▶ **Problem description**:
From the records below, set down exactly the lines starting with the line that contains "are what Peek" and going on through the line that contains "then some http2". Nothing else is wanted.

(Saved data entries)
***

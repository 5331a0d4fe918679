-- ===== src/Interception.antt =====
-- cmd/proxy/outbound.go: mitmTLSProc, the interception of a TLS connection. A `Session` holds what
-- the client, the destination, crypto/tls and net/http answer during it; the certificates are those
-- of the store of pkg/tls/mitm/ca.go.
pub mod Protocol
pub mod Shown
pub mod Examples
use lhotse_agent.Prelude.{
  ℕ, Bool, not, ◌&&◌, ◌||◌, [], ◌∷◌, Option, none, some, length, take, leb, min, if◌then◌else◌, Str,
  codes, str_eq, is_empty, has_prefix,
}
use lhotse_agent.Net.{Net}
use lhotse_agent.TtlCache.{Result, ok, err}
use lhotse_agent.CertStore
use lhotse_agent.CertStore.{Crypto, CertStore, get_certificate}
use lhotse_agent.RuntimeConfig.{normalize_host}

-- isHTTPRequestPrefix
unfoldable pub is_http_request_prefix : Str → Bool
is_http_request_prefix header =
    has_prefix header (codes "GET")
    || has_prefix header (codes "POST")
    || has_prefix header (codes "HEAD")
    || has_prefix header (codes "CONNECT")
    || has_prefix header (codes "OPTIONS")
    || has_prefix header (codes "PUT")
    || has_prefix header (codes "DELETE")
    || has_prefix header (codes "PATCH")

pub data MitmProtocol : Type 0 where
  http1 http2 generic_tls : MitmProtocol

-- The errors of the peek: a timeout, a full buffer or an end of the input, or another one.
pub data PeekFailure : Type 0 where
  timed_out partial broken : PeekFailure

abbrev pub http2_client_preface : Str
http2_client_preface = codes "PRI * HTTP/2.0\r\n\r\nSM\r\n\r\n"

by_bytes : Str → MitmProtocol
unfolding is_http_request_prefix
by_bytes [] = generic_tls
by_bytes (b ∷ s) =
    if leb (length http2_client_preface) (length (b ∷ s))
      && str_eq (take (length http2_client_preface) (b ∷ s)) http2_client_preface
    then http2
    else if is_http_request_prefix (take (min (length (b ∷ s)) 5) (b ∷ s))
    then http1
    else generic_tls

by_peek : Str → Option PeekFailure → Option MitmProtocol
unfolding by_bytes
by_peek s none = some (by_bytes s)
by_peek s (some partial) = some (by_bytes s)
by_peek s (some timed_out) = some generic_tls
by_peek s (some broken) = none

-- detectMITMProtocol: `peek` and `failure` are what Peek of the preface's length gives; `none` is
-- an error.
pub detect_mitm_protocol : Str → Str → Option PeekFailure → Option MitmProtocol
unfolding by_peek
detect_mitm_protocol negotiated peek failure =
    if str_eq negotiated (codes "h2")
    then some http2
    else if str_eq negotiated (codes "http/1.1")
    then some http1
    else by_peek peek failure

-- How http.Server.Serve ends: without an error, as its listener or its connection is closed, or
-- otherwise.
pub data ServeEnd : Type 0 where
  no_serve_error listener_closed connection_closed other_error : ServeEnd

-- `pre_read` is what reader.Peek(reader.Buffered()) gives, and whether with an error;
-- `plain_pre_read` is that of the decrypted bytes. The handshake reads the server name of the
-- client, and with a certificate for it either fails or negotiates a protocol.
pub record Session (A L : Type 0) : Type 0 where
  pub crypto : Crypto A L
  pub now : ℕ
  pub store : CertStore A L
  pub pre_read : Str × Bool
  pub hello_name : Str
  pub handshake : L → Option Str
  pub peek : Str
  pub peek_failure : Option PeekFailure
  pub plain_pre_read : Str × Bool
  pub serve_end : ServeEnd
  pub dials : Bool
  pub upstream_handshake : Str → Bool
  pub copies : Bool

pub data MitmError : Type 0 where
  no_peek_buffer handshake_failed undetected no_pre_read serving_failed : MitmError
  dial_failed upstream_handshake_failed copying_failed : MitmError
  no_certificate : CertStore.Error → MitmError

-- The protocol that was served, and the server name that the handler or the connection to the
-- destination has.
pub data Intercepted : Type 0 where
  served : MitmProtocol → Str → Intercepted
  unserved : MitmError → Intercepted

capture_fails : Str × Bool → Bool
capture_fails (read, failed) = failed && is_empty read

-- proxyMITMTLSConnection
proxy_mitm_tls_connection : {A L : Type 0} → Session A L → Str → Intercepted
proxy_mitm_tls_connection s name =
    if not s.dials
    then unserved dial_failed
    else if not (s.upstream_handshake name)
    then unserved upstream_handshake_failed
    else if s.copies
    then served generic_tls name
    else unserved copying_failed

end_of_serve : Str → ServeEnd → Intercepted
end_of_serve name no_serve_error = served http1 name
end_of_serve name listener_closed = served http1 name
end_of_serve name connection_closed = served http1 name
end_of_serve name other_error = unserved serving_failed

-- The switch over the protocols.
serve_protocol : {A L : Type 0} → Session A L → Str → Option MitmProtocol → Intercepted
unfolding capture_fails proxy_mitm_tls_connection end_of_serve
serve_protocol s name none = unserved undetected
serve_protocol s name (some http2) =
    if capture_fails s.plain_pre_read then unserved no_pre_read else served http2 name
serve_protocol s name (some http1) =
    if capture_fails s.plain_pre_read then unserved no_pre_read else end_of_serve name s.serve_end
serve_protocol s name (some generic_tls) = proxy_mitm_tls_connection s name

shaken : {A L : Type 0} → Session A L → Str → Option Str → Intercepted
unfolding serve_protocol detect_mitm_protocol
shaken s name none = unserved handshake_failed
shaken s name (some negotiated) =
    serve_protocol s name (detect_mitm_protocol negotiated s.peek s.peek_failure)

-- The handshake with what GetCertificate gives.
shake :
    {A L : Type 0}
    → Session A L
    → Str
    → CertStore A L × Result L CertStore.Error
    → CertStore A L × Intercepted
unfolding shaken
shake s name (cs, err e) = (cs, unserved handshake_failed)
shake s name (cs, ok l) = (cs, shaken s name (s.handshake l))

-- GetCertificate of the TLS configuration: without a server name of the client, the certificate
-- that was prepared, if there is one.
shown :
    {A L : Type 0}
    → Net
    → Session A L
    → CertStore A L
    → Option L
    → CertStore A L × Result L CertStore.Error
shown net s cs none = get_certificate s.crypto s.now s.hello_name cs
shown net s cs (some l) =
    if is_empty (normalize_host net s.hello_name)
    then (cs, ok l)
    else get_certificate s.crypto s.now s.hello_name cs

pub or_name : Str → Str → Str
or_name name other = if is_empty name then other else name

with_prepared :
    {A L : Type 0}
    → Net
    → Session A L
    → Str
    → CertStore A L × Result L CertStore.Error
    → CertStore A L × Intercepted
unfolding shake shown or_name
with_prepared net s fallback (cs, err e) = (cs, unserved (no_certificate e))
with_prepared net s fallback (cs, ok l) =
    shake s (or_name (normalize_host net s.hello_name) fallback) (shown net s cs (some l))

-- mitmTLSProc: the store, and what became of the connection.
pub mitm_tls_proc : {A L : Type 0} → Net → Session A L → Str → CertStore A L × Intercepted
unfolding with_prepared shake shown or_name capture_fails
mitm_tls_proc net s fallback_host =
    let name = normalize_host net fallback_host in
    if capture_fails s.pre_read
    then (s.store, unserved no_peek_buffer)
    else if is_empty name
    then shake s (or_name (normalize_host net s.hello_name) name) (shown net s s.store none)
    else with_prepared net s name (get_certificate s.crypto s.now name s.store)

***

▶ **Exercise output**:
-- detectMITMProtocol: `peek` and `failure` are what Peek of the preface's length gives; `none` is
-- an error.
pub detect_mitm_protocol : Str → Str → Option PeekFailure → Option MitmProtocol
unfolding by_peek
detect_mitm_protocol negotiated peek failure =
    if str_eq negotiated (codes "h2")
    then some http2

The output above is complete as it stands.